The extension configures three techniques to evade discovery and deletion. The extension adds a listener for chrome://extensions, and any requests to that page will be redirected to chrome://settings. The extension configures onClicked actions so that a left or right-click on the extension’s context menu will also open a tab to chrome://settings. Finally, if the user is able to bypass these barriers, the extension configures an UninstallURL so a tab to the following URL will be opened if the extension is successfully removed: 
https:///uninstall?ext=&ver=&dd=

Core Functionality

The core functionality of the extension comes from its two alarms. These alarms run periodically to maintain the C2 heartbeat and update the delivered ad content.

 

 Heartbeat Alarm Every three hours, the heartbeat alarm makes a series of callouts to the C2. First, it makes a GET request to: 
https:///hb?ext=&ver=&dd=
This is followed by a GET request to https:///redsync, and the response of this request is sent in a call to: 
https:///sync?ext=&ver=&dd=&info=
The heartbeat and response do not influence the client-side code. The extension does not handle any fail requests or returned data. It just serves as a check-in to the C2 and is simply a notification of a live infection.

 

 Ad Alarm The ad alarm runs every 30 minutes. Its objective is to ensure that the ad content is updated and running. To do this, it retrieves the ad object from the expiry storage. If it is expired, new ad content is loaded from: 
https:///ad?ext=&ver=&dd=
This content is opened in a new tab, and the new tab’s tabId is stored in expiry storage with a 24-hour expiration date. If the alarm runs and the ad content is not expired, then it checks to see if the tabId is still open. If it isn't, it proceeds as if the ad content is expired.

Fake Safari Installer

Research into this family led to the discovery of a variant targeting the Safari browser. This variant shares many similarities to the Chrome variant; however, it is technically less advanced.

 

Installation

The Safari installer variant shares a similar delivery mechanism via DMGs with random names and the Application Installer volume name; however, all Safari DMGs have been observed to use script files with the naming convention SafariInstaller.command. Much like the Chrome variant, the SafariInstaller.command files download their payload from statically defined staging servers. The response contains two Base64 data blobs that decode into Python code. These blobs are inserted directly into two plist files. Unlike the Chrome variant, the plist files pipe the Base64 decoded data to Python and then bash. 
<key>ProgramArguments</key>
<array>
<string>sh</string>
<string>-c</string>
<string>echo aW1w -< SNIP >- kKQ== | base64 --decode | python  | bash</string>
</array>

Persistence and Core Functionality

The first plist, ~/Library/LaunchAgents/com.safarii.extension.plist, does not use a StartInterval value like the Chrome variant, but instead uses RunAtLoad. The RunAtLoad parameter is executed when the user logs into their computer. Note that the plist file does not use the correct spelling of Safari.

 

 At the time of writing, the Python payload runs in an infinite loop and serves two functions:
  1. Sends a periodic heartbeat (approximately every hour)
  2. Monitors search engine queries in Safari
The script ensures that only one copy is running via a call to ps aux. If any process commandline contain base64 –decode | python, then the newly executing script exits.

 

 The hourly heartbeat calls out to: 
https:///hb?ext=saf&ver=&is=0&dd=&q=
Similar to the Chrome extension, the Python script monitors searches to Google, Yahoo and Bing through the use of AppleScript.
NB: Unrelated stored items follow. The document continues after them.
-- ===== src/StateServer/Server/Safe.antt =====
-- What src/stateserver/state_server.cpp does to its objects, step by step.
use ardos.Prelude.{ℕ, Bool, true, false, if◌then◌else◌}
use ardos.Prelude.Action.{
  Action, Result, ok, err, overflow, eof, invalid, stuck, pure, ◌>>=◌, continue, catch_eof,
  caught_eof,
}
use ardos.Net.Datagram.{Datagram}
use ardos.Net.DatagramIterator.{DatagramIterator, get_uint64}
use ardos.StateServer.Server.{
  Objects, StateServer, Work, receiving, current, publish_built, handle_delete_ai,
}
use ardos.StateServer.Server.Identifiers.{IsOrderly, IsOrderly-refl, IsOrderly-trans}

-- What the server does is orderly, also when it throws.
pub record IsSafe {ℓ} {A : Type ℓ} (m : Action Work A) : Type 0 where
  pub kept : (w : Work) → IsOrderly w.server.dist_objs (m w).1.server.dist_objs

pub IsSafe-pure {ℓ} : {A : Type ℓ} (a : A) → IsSafe (pure {S = Work} a)
IsSafe-pure a = record { kept = λ w. IsOrderly-refl w.server.dist_objs }

pub IsSafe-receiving {ℓ} : {A : Type ℓ} (m : Action DatagramIterator A) → IsSafe (receiving m)
unfolding receiving
IsSafe-receiving m = record { kept = λ w. IsOrderly-refl w.server.dist_objs }

-- Behind a look at the server.
pub IsSafe-current {ℓ} :
    {A : Type ℓ} (f : StateServer → Action Work A)
    → ((w : Work) → IsOrderly w.server.dist_objs (f w.server w).1.server.dist_objs)
    → IsSafe (current >>= f)
unfolding current
IsSafe-current f kf = record { kept = kf }

IsSafe-continue {ℓ κ} :
    {A : Type ℓ} {B : Type κ} (os : Objects) (r : Result A × Work) (f : A → Action Work B)
    → IsOrderly os r.1.server.dist_objs
    → ((a : A) → IsSafe (f a))
    → IsOrderly os (continue r f).1.server.dist_objs
IsSafe-continue os (ok a, w) f p kf = IsOrderly-trans p ((kf a).kept w)
IsSafe-continue os (err e, w) f p kf = p

infixl 5 ◌then_safe◌
pub ◌then_safe◌ {ℓ κ} :
    {A : Type ℓ} {B : Type κ} {m : Action Work A} {f : A → Action Work B}
    → IsSafe m
    → ((a : A) → IsSafe (f a))
    → IsSafe (m >>= f)
◌then_safe◌ {m = m} {f = f} km kf = record {
  kept = λ w. IsSafe-continue w.server.dist_objs (m w) f (km.kept w) kf;
}

pub IsSafe-if {ℓ} :
    {A : Type ℓ} (test : Bool) {m n : Action Work A}
    → IsSafe m
    → IsSafe n
    → IsSafe (if test then m else n)
IsSafe-if true km kn = km
IsSafe-if false km kn = kn

caught_safe {ℓ} :
    {A : Type ℓ} (os : Objects) (r : Result A × Work)
    → IsOrderly os r.1.server.dist_objs
    → IsOrderly os (caught_eof r).1.server.dist_objs
caught_safe os (ok a, w) p = p
caught_safe os (err overflow, w) p = p
caught_safe os (err eof, w) p = p
caught_safe os (err invalid, w) p = p
caught_safe os (err stuck, w) p = p

pub IsSafe-catch_eof {ℓ} : {A : Type ℓ} {m : Action Work A} → IsSafe m → IsSafe (catch_eof m)
IsSafe-catch_eof {m = m} km = record {
  kept = λ w. caught_safe w.server.dist_objs (m w) (km.kept w);
}

publish_built-IsOrderly :
    (r : Result (Unit {0}) × Datagram) (w : Work)
    → IsOrderly w.server.dist_objs (publish_built r w).1.server.dist_objs
publish_built-IsOrderly (ok u, dg) w = IsOrderly-refl w.server.dist_objs
publish_built-IsOrderly (err e, dg) w = IsOrderly-refl w.server.dist_objs

pub handle_delete_ai-IsSafe : (sender : ℕ) → IsSafe (handle_delete_ai sender)
unfolding handle_delete_ai
handle_delete_ai-IsSafe sender =
    IsSafe-receiving get_uint64 then_safe λ ai. IsSafe-current _ λ w. publish_built-IsOrderly _ w
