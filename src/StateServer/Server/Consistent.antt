-- ===== src/StateServer/Server/Consistent.antt =====
-- The objects of src/stateserver/state_server.cpp by their identifiers, whatever datagrams come to the
-- server and to its objects.
use ardos.Prelude.{
  ℕ, ◌≡◌, refl, sym, ap, subst, ◌∙◌, Bool, true, false, Option, none, some, List, [], ◌∷◌, ◌++◌,
  arith, ◌==◌, if◌then◌else◌, Bool-cases, inl, inr,
}
use ardos.Prelude.Action.{Action, Result, ok, err, pure, ◌>>=◌, continue}
use ardos.Dc.{Dc}
use ardos.Net.Datagram.{Datagram}
use ardos.Net.DatagramIterator.{DatagramIterator, get_uint16, get_uint32, get_uint64, seek_payload}
use ardos.Net.Items.{start}
use ardos.StateServer.Messages.{
  stateserver_create_object_with_required, stateserver_create_object_with_required_other,
  stateserver_delete_ai_objects,
}
use ardos.StateServer.DistributedObject.{
  DistributedObject, Effect, published, subscribed, unsubscribed, removed, stopped, Call,
}
use ardos.StateServer.DistributedObject.Life.{
  construct, init_object, new_object, unpack_required, unpack_other,
}
use ardos.StateServer.DistributedObject.Handle.{handle_datagram}
use ardos.StateServer.DistributedObject.Keeps.Life.{init_object-Keeps}
use ardos.StateServer.DistributedObject.Keeps.Handle.{handle_datagram-Keeps}
use ardos.StateServer.DistributedObject.History.Identity.{IsItself, IsItself-Stable}
use ardos.StateServer.Server.{
  Objects, find_object, put_object, StateServer, Work, receiving, alter, new_server,
  remove_distributed_object, keep_object, start_object, generate, handle_generate,
  handle_server_message, handle_server_datagram, apply_removals, handled_by, deliver_to_object,
}
use ardos.StateServer.Server.Identifiers.{
  AreConsistent, IsOrderly, IsOrderly-refl, put-IsOrderly, put-AreConsistent, erase-AreConsistent,
}
use ardos.StateServer.Server.Safe.{
  IsSafe, IsSafe-pure, IsSafe-current, IsSafe-receiving, ◌then_safe◌, IsSafe-if, IsSafe-catch_eof,
  handle_delete_ai-IsSafe,
}

-- Every value that a call returns has the property.
record Yields {ℓ} {A : Type ℓ} (R : A → Type 0) (m : Action DatagramIterator A) : Type ℓ where
  pub each : (it it' : DatagramIterator) (a : A) → m it ≡ (ok a, it') → R a

module _ {ℓ κ} {A : Type ℓ} {B : Type κ} {R : B → Type 0} where
  yields_last :
      (r : Result A × DatagramIterator) (f : A → Action DatagramIterator B)
      → ((a : A) → Yields R (f a))
      → (it' : DatagramIterator) (b : B) → continue r f ≡ (ok b, it')
      → R b
  yields_last (ok a, it) f kf it' b h = (kf a).each it it' b h
  yields_last (err e, it) f kf it' b h =
      absurd (cc (ap (λ (r : Result B × DatagramIterator). r.0) h))

  Yields-bind :
      (m : Action DatagramIterator A) (f : A → Action DatagramIterator B)
      → ((a : A) → Yields R (f a))
      → Yields R (m >>= f)
  Yields-bind m f kf = record { each = λ it it' b h. yields_last (m it) f kf it' b h }

Yields-pure {ℓ} :
    {A : Type ℓ} {R : A → Type 0} (a : A) → R a → Yields R (pure {S = DatagramIterator} a)
Yields-pure {A = A} {R = R} a ra = record {
  each = λ it it' b h.
      let first = ap (λ (r : Result A × DatagramIterator). r.0) h in
      let same : a ≡ b = cc first in subst R same ra;
}

-- What happens to a server: a datagram for itself, or one for an object.
pub data Event : Type 0 where
  for_server : Datagram → Event
  for_object : ℕ → Datagram → Event

module _ (dc : Dc) where
  construct-Yields :
      (do_id parent zone dclass : ℕ) (other : Bool)
      → Yields
          (λ (o : DistributedObject). o.do_id ≡ do_id)
          (construct dc do_id parent zone dclass other)
  unfolding construct new_object
  construct-Yields do_id parent zone dclass other =
      Yields-bind (unpack_required dc (dc.inherited_fields dclass) []) _ λ required.
        Yields-bind
          (if other
            then (get_uint16 >>= λ count. unpack_other dc (dc.field_by_index dclass) count [])
            else pure [])
          _
          λ ram. Yields-bind seek_payload _ λ _.
            Yields-bind get_uint64 _ λ sender.
              Yields-pure (new_object dc do_id dclass required ram parent zone sender) refl

  kept_object :
      (do_id : ℕ) (r : Result (Unit {0}) × Call) (w : Work)
      → r.1.object.do_id ≡ do_id
      → find_object do_id w.server.dist_objs ≡ none
      → IsOrderly w.server.dist_objs (keep_object dc do_id r w).1.server.dist_objs
  unfolding alter
  kept_object do_id (ok u, c) w same new = put-IsOrderly do_id c.object w.server.dist_objs same new
  kept_object do_id (err e, c) w same new = IsOrderly-refl w.server.dist_objs

  start_object-IsOrderly :
      (do_id : ℕ) (o : DistributedObject) (w : Work)
      → o.do_id ≡ do_id
      → find_object do_id w.server.dist_objs ≡ none
      → IsOrderly w.server.dist_objs (start_object dc do_id o w).1.server.dist_objs
  unfolding start_object
  start_object-IsOrderly do_id o w same new =
      let c : Call = record { object = o; log = subscribed do_id ∷ []; dgi = w.dgi } in
      kept_object do_id (init_object dc c) w
        ((init_object-Keeps dc (IsItself dc do_id) (IsItself-Stable dc do_id)).kept c (same, tt)).0
        new

  receiving-IsOrderly {ℓ κ} :
      {A : Type ℓ} {B : Type κ} (R : A → Type 0) (m : Action DatagramIterator A)
      (f : A → Action Work B) (w : Work)
      → Yields R m
      → ((a : A) (it : DatagramIterator)
          → R a
          → IsOrderly w.server.dist_objs (f a (record w { dgi = it })).1.server.dist_objs)
      → IsOrderly w.server.dist_objs ((receiving m >>= f) w).1.server.dist_objs
  unfolding receiving
  receiving-IsOrderly {A = A} R m f w y kf = last (m w.dgi) refl
    where
      last :
          (r : Result A × DatagramIterator)
          → m w.dgi ≡ r
          → IsOrderly w.server.dist_objs
              (continue (r.0, record w { dgi = r.1 }) f).1.server.dist_objs
      last (ok a, it) h = kf a it (y.each w.dgi it a h)
      last (err e, it) h = IsOrderly-refl w.server.dist_objs

  generate-IsOrderly :
      (do_id parent zone : ℕ) (other : Bool) (o : Option DistributedObject) (dclass : Option ℕ)
      (w : Work)
      → find_object do_id w.server.dist_objs ≡ o
      → IsOrderly w.server.dist_objs
          (generate dc do_id parent zone other o dclass w).1.server.dist_objs
  unfolding generate
  generate-IsOrderly do_id parent zone other (some o) dclass w h = IsOrderly-refl w.server.dist_objs
  generate-IsOrderly do_id parent zone other none none w h = IsOrderly-refl w.server.dist_objs
  generate-IsOrderly do_id parent zone other none (some dclass) w h =
      receiving-IsOrderly (λ (o : DistributedObject). o.do_id ≡ do_id) _ _ w
        (construct-Yields do_id parent zone dclass other)
        (λ o it same. start_object-IsOrderly do_id o (record w { dgi = it }) same h)

  handle_generate-IsSafe : (other : Bool) → IsSafe (handle_generate dc other)
  unfolding handle_generate
  handle_generate-IsSafe other = IsSafe-receiving get_uint32 then_safe λ do_id.
      IsSafe-receiving get_uint32 then_safe λ parent. IsSafe-receiving get_uint32 then_safe λ zone.
      IsSafe-receiving get_uint16 then_safe λ dc_id.
      IsSafe-current _ λ w. generate-IsOrderly do_id parent zone other _ _ w refl

  handle_server_datagram-IsSafe : IsSafe (handle_server_datagram dc)
  unfolding handle_server_datagram handle_server_message
  handle_server_datagram-IsSafe = IsSafe-receiving seek_payload then_safe λ _.
      IsSafe-catch_eof (
        IsSafe-receiving get_uint64 then_safe λ sender.
        IsSafe-receiving get_uint16 then_safe λ msg_type.
        IsSafe-if (msg_type == stateserver_create_object_with_required)
          (handle_generate-IsSafe false)
          (IsSafe-if (msg_type == stateserver_create_object_with_required_other)
            (handle_generate-IsSafe true)
            (IsSafe-if (msg_type == stateserver_delete_ai_objects) (handle_delete_ai-IsSafe sender)
              (IsSafe-pure tt))))
      then_safe λ _. IsSafe-pure tt

  removals_consistent :
      (es : List Effect) (server : StateServer)
      → AreConsistent server.dist_objs
      → AreConsistent (apply_removals dc es server).dist_objs
  unfolding remove_distributed_object
  removals_consistent [] server a = a
  removals_consistent (removed do_id ∷ es) server a =
      removals_consistent es (remove_distributed_object do_id server)
        (erase-AreConsistent do_id server.dist_objs a)
  removals_consistent (published dg ∷ es) server a = removals_consistent es server a
  removals_consistent (subscribed c ∷ es) server a = removals_consistent es server a
  removals_consistent (unsubscribed c ∷ es) server a = removals_consistent es server a
  removals_consistent (stopped ∷ es) server a = removals_consistent es server a

  pub found_id :
      (k : ℕ) (os : Objects) (o : DistributedObject)
      → AreConsistent os
      → find_object k os ≡ some o
      → o.do_id ≡ k
  found_id k [] o a h = absurd (cc h)
  found_id k ((j, p) ∷ os) o (new, (same, a)) h = elim (Bool-cases (k == j)) [
    | inl e ↦
        let it : p ≡ o = (let h' = rw e at h in cc h') in
        let eq : k ≡ j = ground arith in
        sym (ap (λ (o : DistributedObject). o.do_id) it) ∙ same ∙ sym eq
    | inr e ↦ found_id k os o a (rw e at h)
  ]

  -- HandleDatagram of an object of the server.
  abbrev pub handled : DistributedObject → Datagram → Call
  handled o dg = (handle_datagram dc (record { object = o; log = []; dgi = start dg })).1

  pub handled-IsItself :
      (k : ℕ) (o : DistributedObject) (dg : Datagram)
      → o.do_id ≡ k
      → IsItself dc k (handled o dg).object (handled o dg).log
  handled-IsItself k o dg same =
      (handle_datagram-Keeps dc (IsItself dc k) (IsItself-Stable dc k)).kept
        (record { object = o; log = []; dgi = start dg }) (same, tt)

  handled_by-AreConsistent :
      (o : Option DistributedObject) (k : ℕ) (dg : Datagram) (server : StateServer)
      → find_object k server.dist_objs ≡ o
      → AreConsistent server.dist_objs
      → AreConsistent (handled_by dc o k dg server).dist_objs
  handled_by-AreConsistent none k dg server h a = a
  handled_by-AreConsistent (some o) k dg server h a =
      let c = handled o dg in
      removals_consistent c.log
        (record server {
          dist_objs = put_object k c.object server.dist_objs;
          effects = server.effects ++ c.log;
        })
        (put-AreConsistent k c.object server.dist_objs
          (handled-IsItself k o dg (found_id k server.dist_objs o a h)).0 a)

  deliver_to_object-AreConsistent :
      (k : ℕ) (dg : Datagram) (server : StateServer)
      → AreConsistent server.dist_objs
      → AreConsistent (deliver_to_object dc k dg server).dist_objs
  unfolding deliver_to_object
  deliver_to_object-AreConsistent k dg server a = handled_by-AreConsistent _ k dg server refl a

  abbrev pub step : Event → StateServer → StateServer
  step (for_server dg) server =
      (handle_server_datagram dc (record { server = server; dgi = start dg })).1.server
  step (for_object do_id dg) server = deliver_to_object dc do_id dg server

  abbrev pub steps : List Event → StateServer → StateServer
  steps [] server = server
  steps (e ∷ es) server = steps es (step e server)

  steps_consistent :
      (es : List Event) (server : StateServer)
      → AreConsistent server.dist_objs
      → AreConsistent (steps es server).dist_objs
  steps_consistent [] server a = a
  steps_consistent (for_server dg ∷ es) server a = steps_consistent es _ (
      (handle_server_datagram-IsSafe.kept (record { server = server; dgi = start dg })).consistent
        a)
  steps_consistent (for_object do_id dg ∷ es) server a =
      steps_consistent es _ (deliver_to_object-AreConsistent do_id dg server a)

  pub steps-AreConsistent :
      (channel : ℕ) (es : List Event) → AreConsistent (steps es (new_server channel)).dist_objs
  unfolding new_server
  steps-AreConsistent channel es = steps_consistent es (new_server channel) tt
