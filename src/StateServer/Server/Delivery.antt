-- ===== src/StateServer/Server/Delivery.antt =====
-- What a datagram for one object of src/stateserver/state_server.cpp does to all of them.
use ardos.Prelude.{Bool, true, false, Option, none, some, List, [], ◌∷◌, if◌then◌else◌}
use ardos.Dc.{Dc}
use ardos.Net.Datagram.{Datagram}
use ardos.StateServer.DistributedObject.{DistributedObject, Effect, removed}
use ardos.StateServer.Server.{StateServer}
use ardos.StateServer.Server.Consistent.{handled}

-- Whether an object took itself out of the map.
abbrev pub has_removed : List Effect → Bool
has_removed [] = false
has_removed (removed d ∷ es) = true
has_removed (e ∷ es) = has_removed es

module _ (dc : Dc) where
  -- What an object that gets a datagram leaves in its place.
  abbrev pub remains : Option DistributedObject → Datagram → Option DistributedObject
  remains none dg = none
  remains (some o) dg =
      if has_removed (handled dc o dg).log then none else some (handled dc o dg).object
Every loop interval (~0.1 seconds), the following osascript process is used to capture the currently opened Safari URL: 
osascript -e 'tell application "safari"
set curURL to URL in front document
return curURL
end tell’
If a new search query is found, the Safari window’s URL is overwritten with:

 

 
https:///search?ext=saf&ver=&is=0&dd=&q=
This is accomplished by the following osascript process:

 

 
osascript -e 'tell application "safari"
set URL in front document to ""
end tell’
If the script detects that it does not have the necessary transparency, consent and control (TCC) permissions to launch osascript or call out to the C2, it will launch a tccutil subprocess to reset all permissions for Apple Events. By resetting this value, the user will be re-prompted with a security warning. The author is hoping that because of the new prompt, the user will allow the Apple Events communication.

 

 The SafariInstaller.command script writes its second plist file to ~Library/LaunchAgents/com.extension.pop.plist. This plist serves the same purpose as com.chrome.extensionsPop.plist. It uses Python and an os.system call to open a new Safari window to the same https<:>//ationwindon<.>com domain observed in the Chrome installer variants.

Impact

Both variants result in an altered user experience. Accomplished through the Chrome extension or AppleScript, both variants are highly persistent and perform browser hijacking. They are successful in continually displaying ad content and redirecting web searches to attacker-controlled redirect pages.

 

The Falcon Platform’s Continuous Monitoring and Visibility

The Falcon platform takes a layered approach to protect workloads. Using on-sensor and cloud-based machine learning, behavior-based detection using indicators of attack (IOAs), and intelligence related to tactics, techniques and procedures (TTPs) employed by threats and threat actors, the Falcon platform enables visibility, threat detection and continuous monitoring for any environment, reducing the time to detect and mitigate threats.
Figure 2. Suspicious plist creation (Click to enlarge)
The Falcon platform’s behavior-based IOAs detect and prevent behaviors that indicate malicious intent. For example, Falcon detects and prevents behavior such as the installation of suspicious ASEP plist files (see Figure 2) and execution of sideloaded, suspicious Chrome extensions (see Figure 3).
Figure 3. Previously infected host IOA detection (Click to enlarge)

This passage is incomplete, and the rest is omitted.